Via the Web a wealth of information for business research is ready at our fingertips. Analyzing this—unstructured—information, however, can be very difficult. Analytics has become the business buzzword distinguishing traditional competitors from ‘analytics competitors’ who have dramatically boosted their revenues. The latter competitors distinguish themselves through “expert use of statistics and modeling to improve a wide variety of functions” (Davenport, 2006, p. 105). However, not all information lends itself to statistics and models. Actually, most information on the Web is made for, and by, people communicating through ‘rich’ language. This richness of our language is typically missed or not adequately accounted for in (statistical) analytics (e.g. Text-mining)—and so is its real meaning—because it is hidden in semantics rather than form (e.g. syntax). In our efforts of turning unstructured data into structured data, important information—and our ability to distinguish ourselves from competitors—gets lost.

Search engines (Büttcher, Clarke, & Cormack, 2010) have exploited statistical (frequency-based, TF-IDF2) methods to its extreme, but building indexes of Web content with keywords is not enough for understanding beyond keyword-based search. The use of semantics in search would be a great improvement and new generation search engines (Grimes, 2010) are starting to address this. Semantic search can be approached from several perspectives. The most common one is to go beyond word forms and consider concepts with their semantic relationships. Concepts can be extracted implicitly or explicitly. In the first case, the contexts of words in a document base determine the concept (Landauer, Foltz, & Laham, 1998). In the second case, concepts are assigned to word forms through a semantic lexicon or ontology such as WordNet3.

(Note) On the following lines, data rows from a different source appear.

-- ===== src/Core/Workflow/Resolution/Registry.antt =====
-- What the registration of state classes keeps (core/workflow.py): every label leads to a class of
-- that label, and no label is ever given to another class.
use panopticon_next.Base.{
  String, ◌≡◌, inl, inr, refl, ap, sym, ◌∙◌, arith, true, false, not, Option, none, some, [], ◌∷◌,
  ok, raise_if->>-eq-ok, ◌==◌, eq_iff, eq_refl, if◌then◌else◌, is_given, or_else, All, Bool-cases,
}
use panopticon_next.Base.Table.{Table, lookup, assign, lookup-assign}
use panopticon_next.Core.Workflow.Resolution.{
  WorkflowDecl, class_of, is_taken, label_or_empty, register,
}

-- No label stands in two rows.
unfoldable pub AreDistinct : Table String → Type 0
AreDistinct [] = Unit
AreDistinct ((l, id) ∷ t) = (lookup l t ≡ none) × AreDistinct t

-- Every label of `before` keeps its class, and the labels stay distinct.
pub record Keeps (before after : Table String) : Type 0 where
  pub classes : (label id : String) → lookup label before ≡ some id → lookup label after ≡ some id
  pub distinct : AreDistinct before → AreDistinct after

pub Keeps-refl : (t : Table String) → Keeps t t
Keeps-refl t = record { classes = λ label id h. h; distinct = λ h. h }

pub Keeps-trans : (a b c : Table String) → Keeps a b → Keeps b c → Keeps a c
Keeps-trans a b c h k = record {
  classes = λ label id e. k.classes label id (h.classes label id e);
  distinct = λ e. k.distinct (h.distinct e);
}

assign-AreDistinct : (k v : String) (t : Table String) → AreDistinct t → AreDistinct (assign k v t)
unfolding assign AreDistinct lookup
assign-AreDistinct k v [] h = (refl, tt)
assign-AreDistinct k v ((j, w) ∷ t) h = elim (Bool-cases (j == k)) [
  | inl same ↦ rw (same, if◌then◌else◌) (rw ((eq_iff j k).0 same) at h.0, h.1)
  | inr other ↦
      rw (other, if◌then◌else◌)
        (
          ground (arith, lookup-assign k j v t, eq_iff j k, eq_iff k j),
          assign-AreDistinct k v t h.1,
        )
]

-- What holds of every label and its class holds of every row.
pub AreDistinct-All :
    (P : String × String → Type 0) (t : Table String)
    → AreDistinct t
    → ((l id : String) → lookup l t ≡ some id → P (l, id))
    → All P t
unfolding lookup AreDistinct
AreDistinct-All P [] h all = tt
AreDistinct-All P ((k, v) ∷ t) h all = (
  all k v (ground (arith, eq_refl k)),
  AreDistinct-All P t h.1 (λ l id e. all l id (ground (arith, eq_iff k l))),
)

-- A property of a row that holds of the new row and of all the old ones.
pub All-assign {ℓ κ} :
    {V : Type ℓ} (P : String × V → Type κ) (k : String) (v : V) (t : Table V)
    → P (k, v)
    → All P t
    → All P (assign k v t)
unfolding assign
All-assign P k v [] new old = (new, tt)
All-assign P k v ((j, w) ∷ t) new old = elim (Bool-cases (j == k)) [
  | inl same ↦ rw (same, assign) (new, old.1)
  | inr other ↦ rw (other, assign) (old.0, All-assign P k v t new old.1)
]

-- Writing what is there changes nothing.
pub assign-same {ℓ} :
    {V : Type ℓ} (k : String) (v : V) (t : Table V) → lookup k t ≡ some v → assign k v t ≡ t
unfolding assign lookup
assign-same k v [] h = cc
assign-same k v ((j, w) ∷ t) h = ground (arith, eq_iff j k, assign-same k v t)

-- What a registration that returns did.
pub record Registers (d : WorkflowDecl) (before : Table String) (id : String) (after : Table String)
    : Type 0 where
  pub label : String
  pub labelled : (class_of d id).label ≡ some label
  pub given : is_given (class_of d id).label ≡ true
  pub concrete : (class_of d id).is_abstract ≡ false
  pub wrote : after ≡ assign label id before
  pub free : is_taken (lookup label before) id ≡ false

pub register-Registers :
    (d : WorkflowDecl) (before : Table String) (id : String) (after : Table String)
    → register d before id ≡ ok after
    → Registers d before id after
unfolding register
register-Registers d before id after h =
    let (concrete, h1) = raise_if->>-eq-ok (class_of d id).is_abstract _ _ h in
    let (given, h2) = raise_if->>-eq-ok (not (is_given (class_of d id).label)) _ _ h1 in
    let (free, h3) =
      raise_if->>-eq-ok (is_taken (lookup (label_or_empty (class_of d id)) before) id) _ _ h2 in
    record {
      label = label_or_empty (class_of d id);
      labelled = given_label (class_of d id).label (ground arith);
      given = ground arith;
      concrete = concrete;
      wrote = ground arith;
      free = free;
    }
  where
    given_label : (o : Option String) → is_given o ≡ true → o ≡ some (or_else o "")
    given_label none e = cc
    given_label (some l) e = refl

-- A label that is not taken by another class belongs to this one.
pub not_taken : (o : Option String) (i id : String) → o ≡ some i → is_taken o id ≡ false → i ≡ id
not_taken none i id h free = cc
not_taken (some j) i id h free = ground (arith, eq_iff j id)

pub Keeps-assign :
    (l id : String) (t : Table String) → is_taken (lookup l t) id ≡ false → Keeps t (assign l id t)
Keeps-assign l id t free = record {
  classes = λ k i e. elim (Bool-cases (l == k)) [
    | inl same ↦
        let is : lookup l t ≡ some i = ap (λ x. lookup x t) ((eq_iff l k).0 same) ∙ e in
        rw lookup-assign
          (rw (same, if◌then◌else◌) (ap some (sym (not_taken (lookup l t) i id is free))))
    | inr other ↦ rw lookup-assign (rw (other, if◌then◌else◌) e)
  ];
  distinct = assign-AreDistinct l id t;
}

module _ (d : WorkflowDecl) (before : Table String) (id : String) where
  pub Registers-Keeps : (after : Table String) → Registers d before id after → Keeps before after
  Registers-Keeps after r = rw r.wrote (Keeps-assign r.label id before r.free)

  pub Registers-lookup :
      (after : Table String) (r : Registers d before id after) → lookup r.label after ≡ some id
  Registers-lookup after r = rw r.wrote (rw lookup-assign (rw eq_refl))

  -- A class that is registered is registered again without an effect.
  pub register-same :
      (l : String)
      → (class_of d id).is_abstract ≡ false
      → is_given (class_of d id).label ≡ true
      → (class_of d id).label ≡ some l
      → lookup l before ≡ some id
      → register d before id ≡ ok before
  unfolding register
  register-same l concrete given labelled found =
      ground (arith, eq_refl id, assign-same l id before found)
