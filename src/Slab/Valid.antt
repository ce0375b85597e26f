-- ===== src/Slab/Valid.antt =====
-- What holds of a region between two calls: the state byte of a cell says which list it is on.
mod Defs
mod Lists
pub use Defs.*
pub use Lists.*
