-- ===== src/Slab/New/Defs.antt =====
-- What slab_newcel() promises.
use yalloc.Base.{
  ℕ, ◌+◌, ◌<◌, ◌≡◌, ◌≢◌, ◌⊎◌, true, false, Option, none, some, [], ◌==◌, if◌then◌else◌,
}
use yalloc.Slab.Region.{Region, Out}
use yalloc.Slab.Valid.{live, IsValid}

-- The fields that no allocation changes.
pub record SameShape (reg reg' : Region) : Type 0 where
  pub user : reg'.user ≡ reg.user
  pub cellen : reg'.cellen ≡ reg.cellen
  pub celcnt : reg'.celcnt ≡ reg.celcnt
  pub celord : reg'.celord ≡ reg.celord
  pub clr : reg'.clr ≡ reg.clr
  pub aged : reg'.aged ≡ reg.aged
  pub lens : reg'.lens ≡ reg.lens

-- `cel` went from not in use to in use, and the region is in order.
pub record Alloced (reg : Region) (cel : ℕ) (reg' : Region) : Type 0 where
  pub inside : cel < reg.celcnt
  pub free : live reg cel ≡ false
  pub valid : IsValid reg'
  pub marks : (c : ℕ) → live reg' c ≡ (if cel == c then true else live reg c)
  pub shape : SameShape reg reg'
  -- where `inipos` moved, the cell is the one that it moved over
  pub ini : (reg'.inipos ≡ reg.inipos) ⊎ ((cel ≡ reg.inipos) × (reg'.inipos ≡ reg.inipos + 1))

-- No cell is at hand: the bin is empty, every cell was handed out once, and the remote bin is empty
-- or cannot be looked at.
pub record IsFull (reg : Region) : Type 0 where
  pub bin : reg.binpos ≡ 0
  pub ini : reg.inipos ≡ reg.celcnt
  pub remote : (reg.lock ≢ 0) ⊎ (reg.rbinpos ≡ 0)

abbrev pub Outcome : Region → Out (Option ℕ) → Type 0
Outcome reg (some cel, reg', log) = Alloced reg cel reg' × (log ≡ [])
Outcome reg (none, reg', log) = IsFull reg × (reg' ≡ reg) × (log ≡ [])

However, semantics is not only necessary for search, it is necessary for any processing of information from the Web. After all, semantics simply means “making sense” and we would like to argue that sophisticated semantic analysis of content is a necessary tool for quality business research of Web data.

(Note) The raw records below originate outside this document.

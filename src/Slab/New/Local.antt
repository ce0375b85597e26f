-- ===== src/Slab/New/Local.antt =====
-- From the bin, or from the cells that were never allocated.
use yalloc.Base.{◌+◌, ◌-◌, ◌≤◌, ◌<◌, ◌≡◌, refl, inl, inr, false, some, [], ◌==◌, update, arith}
use yalloc.Slab.Region.{Region, nocel}
use yalloc.Slab.Marks.{slab_markused}
use yalloc.Slab.Cells.{newcel_bin, newcel_ini, slab_newcel}
use yalloc.Slab.Count.{count-update, count_le_of_above}
use yalloc.Slab.Valid.{IsValid, list_pop, list_grow, list_write, remote_write, remote_begin}
use yalloc.Slab.New.Defs.{Alloced}

-- The region after the top of the bin was taken.
abbrev pub popped : Region → Region
popped reg = record reg {
  binset = update reg.binset (reg.bin (reg.binpos - 1)) 1;
  bin = update reg.bin (reg.binpos - 1) nocel;
  binpos = reg.binpos - 1;
  stat = record (reg.stat) { binallocs = reg.stat.binallocs + 1 };
}

-- The region after the next cell that was never allocated was taken.
abbrev pub begun : Region → Region
begun reg = record reg {
  binset = update reg.binset reg.inipos 1;
  inipos = reg.inipos + 1;
  stat = record (reg.stat) { iniallocs = reg.stat.iniallocs + 1 };
}

module _ {reg : Region} (v : IsValid reg) where
  -- The bin holds no more cells than were ever handed out.
  bin_le : reg.binpos ≤ reg.inipos
  bin_le = omega (
    arith,
    v.bin_count,
    count_le_of_above 2 reg.inipos reg.celcnt reg.binset (λ c h. omega (arith, v.fresh c h)),
  )

  newcel_bin_lem :
      0 < reg.binpos → newcel_bin reg ≡ (some (reg.bin (reg.binpos - 1)), popped reg, [])
  unfolding newcel_bin slab_markused
  newcel_bin_lem pos =
      let last : reg.binpos - 1 < reg.binpos = omega arith in
      let below = v.bin_list.started (reg.binpos - 1) last in
      let two = v.bin_list.status (reg.binpos - 1) last in
      ground (arith, bin_le, v.inipos_le, v.room, v.small)

  -- The bin goes first.
  pub newcel_popped :
      0 < reg.binpos → slab_newcel reg ≡ (some (reg.bin (reg.binpos - 1)), popped reg, [])
  unfolding slab_newcel
  newcel_popped pos = let e : (reg.binpos == 0) ≡ false = ground arith in rw e (newcel_bin_lem pos)

  pub popped-Alloced : 0 < reg.binpos → Alloced reg (reg.bin (reg.binpos - 1)) (popped reg)
  popped-Alloced pos =
      let last : reg.binpos - 1 < reg.binpos = omega arith in
      let cel = reg.bin (reg.binpos - 1) in
      let below : cel < reg.inipos = v.bin_list.started (reg.binpos - 1) last in
      let two : reg.binset cel ≡ 2 = v.bin_list.status (reg.binpos - 1) last in
      let inside : cel < reg.celcnt = omega (arith, v.inipos_le) in
      let from_two = count-update 2 reg.celcnt reg.binset cel 1 inside in
      let from_three = count-update 3 reg.celcnt reg.binset cel 1 inside in
      record {
        inside = inside;
        free = ground arith;
        valid = record {
          small = v.small;
          inipos_le = v.inipos_le;
          fresh = λ c hc. ground (arith, v.fresh c hc);
          begun = λ c hc. ground (arith, v.begun c hc);
          bin_list = list_pop 1 nocel v.bin_list (omega arith);
          bin_count = ground (arith, v.bin_count, from_two);
          remote_list = remote_write reg cel 1 (omega arith) v.remote_list;
          remote_count = ground (arith, v.remote_count, from_three);
          referred = v.referred;
          room = v.room;
        };
        marks = λ c. ground arith;
        shape = ground arith;
        ini = inl refl;
      }

  pub newcel_ini_lem : reg.inipos < reg.celcnt → newcel_ini reg ≡ (some reg.inipos, begun reg, [])
  unfolding newcel_ini slab_markused
  newcel_ini_lem lt = ground (arith, v.fresh reg.inipos)

  pub begun-Alloced : reg.inipos < reg.celcnt → Alloced reg reg.inipos (begun reg)
  begun-Alloced lt =
      let none_yet : reg.binset reg.inipos ≡ 0 = v.fresh reg.inipos (omega arith) in
      let from_two = count-update 2 reg.celcnt reg.binset reg.inipos 1 lt in
      let from_three = count-update 3 reg.celcnt reg.binset reg.inipos 1 lt in
      record {
        inside = lt;
        free = ground arith;
        valid = record {
          small = v.small;
          inipos_le = omega arith;
          fresh = λ c hc. ground (arith, v.fresh c);
          begun = λ c hc. ground (arith, v.begun c);
          bin_list = list_write reg.inipos 1 (list_grow v.bin_list (omega arith)) (omega arith);
          bin_count = ground (arith, v.bin_count, from_two);
          remote_list = remote_begin reg 1 none_yet v.remote_list;
          remote_count = ground (arith, v.remote_count, from_three);
          referred = v.referred;
          room = v.room;
        };
        marks = λ c. ground arith;
        shape = ground arith;
        ini = inr (refl, refl);
      }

For instance, any business analyst in fast moving consumer goods (FMCG) is looking for so much more than just text when analyzing online focus group interview data. A FMCG analyst would analyze interaction, which would reveal shared language, beliefs and myths, argumentative reasoning, justifications, and changes of opinion or (re)interpretation of experiences (Catterall & Maclaran, 1997).

Focus group interview data is both qualitative and interactive. It is not just text; it is conversational data as people are responding to one another. As such traditional (manual) analysis of focus group data is labor intensive, complex, analyst dependent, inconsistent and subjective4.

The key problem is that good analysis of unstructured data is costly, complex and time-consuming

However, the power of current state-of-the-art NLU5 systems makes automated analysis of these—and other—types of unstructured data feasible and possible (Delmonte, Bristot, & Pallotta, 2010).

This chapter will put to rest the myth that computers cannot extract rich information from unstructured data6 even from conversational data. We will put forward a new generation of “Interaction Mining” technology that is analyst independent, consistent regardless of the quantity of data, ‘Machine-like’ precision in its analysis in multiple languages and—compared to manual analysis—a quantum leap faster.

First, we will conduct first a survey of current technology for Interaction Mining by assessing the strengths, weaknesses and limits of current approaches such as Text Mining. Additionally, we will present a study in eliciting business requirements for Interaction Mining in different domains. We will present a new approach, which exploits information extracted from automatic analysis of conversational data, which solves some of the challenges highlighted in the requirements section. We will conclude the chapter by outlining a roadmap for research in Interaction Mining.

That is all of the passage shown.